Population size likely has little to no linear relationship with life expectancy. The regression line may be nearly flat, and points may cluster with extreme outliers (e.g., China, India).

For each plot, comment on direction, strength (R-squared from regression), and signs of non-linearity or influential points.

Question 4: Cereal Crops and GDP

Scatter plot with country labels:

ggplot(df, aes(cerealcrops, gdp, label = country)) + 
  geom_point() + geom_smooth(method='lm') + geom_text(vjust=-1, hjust=0.5)

Outliers

Look for points far from the regression line, e.g., the United States or China with high GDP and high cereal production. A point with high cereal crops but low GDP (e.g., some African nations) might be an outlier. Residuals: positive if actual GDP > predicted, negative otherwise. A positive residual means the country has higher GDP than expected given its cereal production.

Question 5: Smoking and Infant Mortality

Correlation

cor(df$smoke, df$infmort)

Expect a positive correlation: higher smoking rates associated with higher infant mortality.
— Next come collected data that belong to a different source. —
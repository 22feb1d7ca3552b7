-- ===== src/Fsm/Batcher/Last.antt =====
-- The last call of a full batch of pkg/fsm/batcher.go.
use sybline.Base.{
  ℕ, suc, ◌+◌, ◌-◌, ◌≤◌, ◌≡◌, refl, sym, subst, ◌∙◌, true, Option, none, some, List, [], ◌∷◌, ◌++◌,
  map, Bytes, length, get_elem?, ◌==◌, arith,
}
use sybline.Core.Run.{ok}
use sybline.Fsm.Apply.{Result}
use sybline.Fsm.Batcher.{Slots, Batcher, new_batcher, answers}
use sybline.Fsm.Batcher.Plan.{
  Event, call, events, Plan, new_plan, give, send_off, plan_event, plan_events, between,
}
use sybline.Fsm.Batcher.Channels.{received, get_elem?-snoc, get_elem?-map}
use sybline.Fsm.Batcher.History.{History, new_plan-History, plan_event-History, plan_events-History}
use sybline.Fsm.Batcher.Returned.{calls, length-returned, plan_events-call}
use sybline.Fsm.Batcher.Answers.{events-between}

module _ (apply_log : Slots → Option (List Result)) (n : ℕ) (d : Bytes) where
  plan_event-full :
      (p : Plan)
      → length p.entries + 1 ≡ n
      → plan_event apply_log n (call d) p
        ≡ give (length p.entries) d (send_off apply_log n (p.entries ++ d ∷ []) p)
  unfolding plan_event
  plan_event-full p h = let full : (length p.entries == n - 1) ≡ true = ground arith in rw full refl

  -- What becomes of an entry whose channel is the last of its slice.
  abbrev pub Misses : Batcher → (call_index : ℕ) → (batch : ℕ) → Slots → Type 0
  Misses b k g datas =
      (get_elem? b.returned k ≡ some ((suc g, n - 1), d))
      × (get_elem? b.logged g ≡ some datas)
      × (get_elem? datas (n - 1) ≡ some (some d))
      × (received (g, n - 1) b.sent ≡ get_elem? (answers apply_log datas) (n - 1))
      × (received (suc g, n - 1) b.sent ≡ none)

  send_off-Misses :
      (p : Plan)
      → length p.entries + 1 ≡ n
      → History apply_log n p
      → History apply_log n (plan_event apply_log n (call d) p)
      → Misses
          (between n (plan_event apply_log n (call d) p))
          (length p.returned)
          p.output_chans
          (map some (p.entries ++ d ∷ []))
  unfolding send_off
  send_off-Misses p h before after =
      let q = give (length p.entries) d (send_off apply_log n (p.entries ++ d ∷ []) p) in
      let batch = map some (p.entries ++ d ∷ []) in
      let place : length p.entries ≡ n - 1 = omega arith in
      let kept : History apply_log n q = subst (History apply_log n) (plan_event-full p h) after in
      let logged : get_elem? (p.logged ++ batch ∷ []) p.output_chans ≡ some batch =
        subst (λ g. get_elem? (p.logged ++ batch ∷ []) g ≡ some batch) before.counted
          (get_elem?-snoc p.logged batch) in
      subst (λ r. Misses (between n r) (length p.returned) p.output_chans batch)
        (sym (plan_event-full p h))
        (
          subst
              (λ i. get_elem? q.returned (length p.returned) ≡ some ((suc (p.output_chans), i), d))
              place (get_elem?-snoc p.returned ((suc (p.output_chans), length p.entries), d)),
          logged,
          subst (λ i. get_elem? batch i ≡ some (some d)) place
              (get_elem?-map (p.entries ++ d ∷ []) (length p.entries) (get_elem?-snoc p.entries d)),
          kept.answered p.output_chans (n - 1) batch logged,
          kept.fresh (suc (p.output_chans)) (n - 1) (omega arith),
        )

module _ (apply_log : Slots → Option (List Result))
    (few : (s : Slots) (rs : List Result) → apply_log s ≡ some rs → length rs ≤ length s) (n : ℕ)
    (some_room : 1 ≤ n) where
  -- Take a batch length `n` of at least 1, a raft that answers no more results than it was given
  -- entries, and calls of SendLog and timeouts, one after the other, after which the batch lacks one
  -- entry. The next call sends the batch off and returns the wrong channel: its entry goes to raft as
  -- the last one of the batch, and the answer is sent to the last channel of the batch's slice, but
  -- the call returns the last channel of the next slice, to which nothing was sent.
  pub events-Misses :
      (es : List Event) (d : Bytes)
      → length (plan_events apply_log n es new_plan).entries + 1 ≡ n
      → (b : Batcher) × (g : ℕ) × (datas : Slots) × (events apply_log n
            (es ++ call d ∷ [])
            (new_batcher n)
          ≡ ok b)
        × Misses apply_log n d b (calls es) g datas
  unfolding plan_events
  events-Misses es d h =
      let p = plan_events apply_log n es new_plan in
      let before =
        plan_events-History apply_log n es new_plan some_room (new_plan-History apply_log n) in
      let after = plan_event-History apply_log n (call d) p some_room before in
      let index : length p.returned ≡ calls es =
        omega (arith, length-returned apply_log n es new_plan) in
      (
        between n (plan_event apply_log n (call d) p),
        p.output_chans,
        map some (p.entries ++ d ∷ []),
        subst (λ r. events apply_log n (es ++ call d ∷ []) (new_batcher n) ≡ ok (between n r))
            (plan_events-last es d) (events-between apply_log few n some_room (es ++ call d ∷ [])),
        subst
            (λ k.
              Misses apply_log n d (between n (plan_event apply_log n (call d) p)) k p.output_chans
                (map some (p.entries ++ d ∷ [])))
            index (send_off-Misses apply_log n d p h before after),
      )
    where
      plan_events-last :
          (fs : List Event) (e : Bytes)
          → plan_events apply_log n (fs ++ call e ∷ []) new_plan
            ≡ plan_event apply_log n (call e) (plan_events apply_log n fs new_plan)
      plan_events-last fs e = plan_events-call apply_log n fs [] e new_plan ∙ refl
The correlation coefficient (r) quantifies strength and direction.

Scatter Plot

ggplot(df, aes(smoke, infmort)) + geom_point()
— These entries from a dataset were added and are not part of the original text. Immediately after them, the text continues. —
-- ===== src/Fsm/Batcher/Return.antt =====
-- SendLog of pkg/fsm/batcher.go always returns.
use sybline.Base.{
  ℕ, suc, ◌-◌, set, ◌≤◌, ◌≡◌, refl, subst, ◌∙◌, inl, inr, Bool, true, false, Option, none, some,
  List, [], ◌∷◌, Bytes, length, ◌==◌, ltb, arith, Bool-cases,
}
use sybline.Core.Run.{ok, first_part}
use sybline.Fsm.Apply.{Result}
use sybline.Fsm.Batcher.{
  DataIndex, Slots, Caller, idle, assigned, counted, waiting, Batcher, Move, acquire, advance,
  submit, finish, process, flush, slice_to, send_all, answers, send_logs, advance_index,
  submit_entry, finish_call, process_input, timer_flush, move,
}
use sybline.Fsm.Batcher.Steps.{enabled, Reach}
use sybline.Fsm.Batcher.Invariant.{IsBatcher, Coherent, entry_waiting}
use sybline.Fsm.Batcher.Bounds.{move-Safe, Reach-IsBatcher}

abbrev pub is_call : Move → Bool
is_call (acquire content) = true
is_call _ = false

abbrev pub NoCalls : List Move → Type 0
NoCalls [] = Unit
NoCalls (m ∷ ms) = (is_call m ≡ false) × NoCalls ms

module _ (apply_log : Slots → Option (List Result)) (n : ℕ) where
  pub data Runs : List Move → Batcher → Batcher → Type 0 where
    stop : {b : Batcher} → Runs [] b b
    step :
        {ms : List Move} {b c d : Batcher} (m : Move)
        → enabled n m b ≡ true
        → move apply_log n m b ≡ ok c
        → Runs ms c d
        → Runs (m ∷ ms) b d

  -- At most `k` moves, each of them possible and none of them a new call, free the lock of SendLog.
  pub record Frees (k : ℕ) (b : Batcher) : Type 0 where
    pub moves : List Move
    pub last : Batcher
    pub few : length moves ≤ k
    pub no_calls : NoCalls moves
    pub runs : Runs moves b last
    pub freed : last.caller ≡ idle

  Frees-step :
      (k : ℕ) (b c : Batcher) (m : Move)
      → is_call m ≡ false
      → enabled n m b ≡ true
      → move apply_log n m b ≡ ok c
      → Frees k c
      → Frees (suc k) b
  Frees-step k b c m other may at f = record {
    moves = m ∷ f.moves;
    last = f.last;
    few = omega (arith, f.few);
    no_calls = (other, f.no_calls);
    runs = step m may at f.runs;
    freed = f.freed;
  }

  Frees-le : (j k : ℕ) (b : Batcher) → j ≤ k → Frees j b → Frees k b
  Frees-le j k b h f = record {
    moves = f.moves;
    last = f.last;
    few = omega (arith, f.few);
    no_calls = f.no_calls;
    runs = f.runs;
    freed = f.freed;
  }

  send_logs-ok :
      (datas : Slots) (b c : Batcher)
      → send_logs apply_log n datas b ≡ ok c
      → (c.caller ≡ b.caller) × (c.input ≡ b.input) × (c.timer ≡ b.timer)
  unfolding send_logs
  send_logs-ok datas b c h =
      let (out, e, at) = first_part (send_all n b.output_chans 0 (answers apply_log datas)) _ h in
      ground (arith, e)

  flush-ok :
      (t : Option ℕ) (b c : Batcher)
      → timer_flush apply_log n t b ≡ ok c
      → b.timer ≡ t
      → (c.caller ≡ b.caller) × (c.timer ≡ none)
  unfolding timer_flush
  flush-ok none b c h e = ground arith
  flush-ok (some k) b c h e =
      let (datas, f, at) = first_part (slice_to b.data_slice k) _ h in
      let (same, _, free) = send_logs-ok datas (record b { timer = none }) c f in (same, free)

  process-ok :
      (e : DataIndex) (b c : Batcher)
      → process_input apply_log n (e ∷ []) b ≡ ok c
      → (c.caller ≡ b.caller) × (c.input ≡ [])
  unfolding process_input
  process-ok e b c h =
      let stored = set b.data_slice e.id (some e.content) in
      let taken = record b { input = []; data_slice = stored; wait = b.wait - 1 } in
      elim (Bool-cases (ltb e.id (length b.data_slice))) [
        | inr out ↦ absurd (ground arith)
        | inl below ↦ elim (Bool-cases (b.wait == 0)) [
          | inl zero_times ↦ absurd (ground arith)
          | inr counted_once ↦ elim (Bool-cases (e.id == n - 1)) [
            | inl last ↦
                let (same, empty, _) = send_logs-ok stored taken c (ground arith) in (same, empty)
            | inr more ↦ ground arith
          ]
        ]
      ]

  finish-ok :
      (content : Bytes) (i : ℕ) (b c : Batcher)
      → finish_call n (waiting content i) b ≡ ok c
      → c.caller ≡ idle
  unfolding finish_call
  finish-ok content i b c h = ground arith

module _ (apply_log : Slots → Option (List Result))
    (few : (s : Slots) (rs : List Result) → apply_log s ≡ some rs → length rs ≤ length s) (n : ℕ)
    (some_room : 1 ≤ n) where
  -- A move that is possible, and what is left after it.
  after_move :
      (k : ℕ) (m : Move) (b : Batcher)
      → IsBatcher n b
      → is_call m ≡ false
      → enabled n m b ≡ true
      → ((c : Batcher) → IsBatcher n c → move apply_log n m b ≡ ok c → Frees apply_log n k c)
      → Frees apply_log n (suc k) b
  after_move k m b v other may next =
      let (c, at, w) = move-Safe apply_log few n some_room m b v may in
      Frees-step apply_log n k b c m other may at (next c w at)

  Frees-finish :
      (content : Bytes) (i : ℕ) (b : Batcher)
      → IsBatcher n b
      → b.caller ≡ waiting content i
      → b.wait ≡ 0
      → Frees apply_log n 1 b
  unfolding enabled move
  Frees-finish content i b v stands zero_wait =
      after_move 0 finish b v refl (rw (stands, zero_wait) refl) (λ c w at. record {
        moves = [];
        last = c;
        few = omega arith;
        no_calls = tt;
        runs = stop;
        freed =
            finish-ok apply_log n content i b c (subst (λ cl. finish_call n cl b ≡ ok c) stands at);
      })

  drained :
      (content : Bytes) (i : ℕ) (input : List DataIndex) (w : ℕ)
      → Coherent n (waiting content i) input w
      → input ≡ []
      → w ≡ 0
  drained content i [] w (_, z) e = z
  drained content i (x ∷ xs) w c e = absurd (cc)

  Frees-process :
      (content : Bytes) (i : ℕ) (b : Batcher)
      → IsBatcher n b
      → b.caller ≡ waiting content i
      → b.timer ≡ none
      → (input : List DataIndex) → b.input ≡ input
      → Frees apply_log n 2 b
  unfolding enabled move
  Frees-process content i b v stands free [] empty = Frees-le apply_log n 1 2 b (omega arith) (
      Frees-finish content i b v stands (
        drained content i b.input b.wait
          (subst (λ cl. Coherent n cl b.input b.wait) stands v.coherent) empty))
  Frees-process content i b v stands free (e ∷ rest) full =
      let (_, _, _, _, _, alone, _, _) =
        entry_waiting n b.caller e rest b.wait
          (subst (λ l. Coherent n b.caller l b.wait) full v.coherent) in
      after_move 1 process b v refl (rw (full, free) refl) (λ c w at.
        let (same, empty) = process-ok apply_log n e b c (
          subst (λ l. process_input apply_log n (e ∷ l) b ≡ ok c) alone
            (subst (λ l. process_input apply_log n l b ≡ ok c) full at)) in
        Frees-finish content i c w (same ∙ stands) (
          drained content i c.input c.wait
            (subst (λ cl. Coherent n cl c.input c.wait) (same ∙ stands) w.coherent) empty))

  Frees-waiting :
      (content : Bytes) (i : ℕ) (b : Batcher)
      → IsBatcher n b
      → b.caller ≡ waiting content i
      → (t : Option ℕ) → b.timer ≡ t
      → Frees apply_log n 3 b
  unfolding enabled move
  Frees-waiting content i b v stands none free =
      Frees-le apply_log n 2 3 b (omega arith)
        (Frees-process content i b v stands free b.input refl)
  Frees-waiting content i b v stands (some k) busy =
      after_move 2 flush b v refl (rw busy refl) (λ c w at.
        let (same, free) =
          flush-ok apply_log n (some k) b c
            (subst (λ t. timer_flush apply_log n t b ≡ ok c) busy at) busy in
        Frees-process content i c w (same ∙ stands) free c.input refl)

  Frees-counted :
      (content : Bytes) (i : ℕ) (b : Batcher)
      → IsBatcher n b
      → b.caller ≡ counted content i
      → Frees apply_log n 4 b
  unfolding enabled move submit_entry
  Frees-counted content i b v stands =
      let (_, empty, _) =
        let c : Coherent n (counted content i) b.input b.wait =
          subst (λ cl. Coherent n cl b.input b.wait) stands v.coherent in
        c in
      after_move 3 submit b v refl (rw (stands, empty) (ground arith)) (λ c w at.
        let sent : submit_entry (counted content i) b ≡ ok c =
          subst (λ cl. submit_entry cl b ≡ ok c) stands at in
        Frees-waiting content i c w (ground arith) c.timer refl)

  Frees-assigned :
      (content : Bytes) (i : ℕ) (b : Batcher)
      → IsBatcher n b
      → b.caller ≡ assigned content i
      → Frees apply_log n 5 b
  unfolding enabled move advance_index
  Frees-assigned content i b v stands = after_move 4 advance b v refl (rw stands refl) (λ c w at.
      let sent : advance_index n (assigned content i) b ≡ ok c =
        subst (λ cl. advance_index n cl b ≡ ok c) stands at in
      Frees-counted content i c w (ground arith))

  Frees-caller :
      (b : Batcher) → IsBatcher n b → (cl : Caller) → b.caller ≡ cl → Frees apply_log n 5 b
  Frees-caller b v idle e = record {
    moves = [];
    last = b;
    few = omega arith;
    no_calls = tt;
    runs = stop;
    freed = e;
  }
  Frees-caller b v (assigned content i) e = Frees-assigned content i b v e
  Frees-caller b v (counted content i) e =
      Frees-le apply_log n 4 5 b (omega arith) (Frees-counted content i b v e)
  Frees-caller b v (waiting content i) e =
      Frees-le apply_log n 3 5 b (omega arith) (Frees-waiting content i b v e b.timer refl)

  -- No call of SendLog is stuck. Take a batch length of at least 1, and a raft that answers no more
  -- results than it was given entries: from every state that the goroutines can reach, at most five
  -- moves, each of them possible when its turn comes and none of them a new call, lead to a state in
  -- which the lock of SendLog is free.
  pub Reach-Frees : (b : Batcher) → Reach apply_log n b → Frees apply_log n 5 b
  Reach-Frees b r = Frees-caller b (Reach-IsBatcher apply_log few n some_room r) b.caller refl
Visually confirm the positive relationship. Points may show a weak or moderate linear trend.

Regression vs. Correlation

Regression provides the slope (effect size) and allows prediction. It also enables controlling for other variables. Correlation only gives the strength and direction of association.

Regression Results

m <- lm(infmort ~ smoke, data = df)
summary(m)

Interpret the coefficient: for a 1% increase in smoking, infant mortality changes by the coefficient. If the coefficient is 0.2, then a 10% increase in smoking predicts a 2-unit increase in infant mortality per 1,000 births.

Potential Confounders

From lecture: omitted variable bias, reverse causation, measurement error. For example, wealth (GDP) may confound: richer countries have lower infant mortality and lower smoking? Actually, smoking is often higher in richer countries? Check data. Another confounder: education. A factor that does not apply: simultaneity (infant mortality causing smoking) is unlikely.

Colored by Continent

ggplot(df, aes(smoke, infmort, color = continent)) + geom_point(size=1.5)

This reveals clustering by continent. For example, African countries may have high infant mortality and low smoking, while European countries have low infant mortality and moderate smoking. This suggests a Simpson's paradox: the overall positive correlation might reverse within continents.

Controlled Regression

m <- lm(infmort ~ smoke + continent, data = df)
summary(m)

After controlling for continent, the smoking coefficient may change sign or become insignificant. If the plot shows that within each continent the relationship is flat or negative, the controlled regression reflects that. This demonstrates the importance of controlling for group-level confounders.

Conclusion

In this tutorial, you've practiced key R skills: summary statistics, visualization, t-tests, regression, and correlation. These techniques are foundational for data analysis in 2026, whether you're analyzing global health trends or building AI models. Remember to always interpret results in context and check for confounding variables. Good luck with Assignment 3!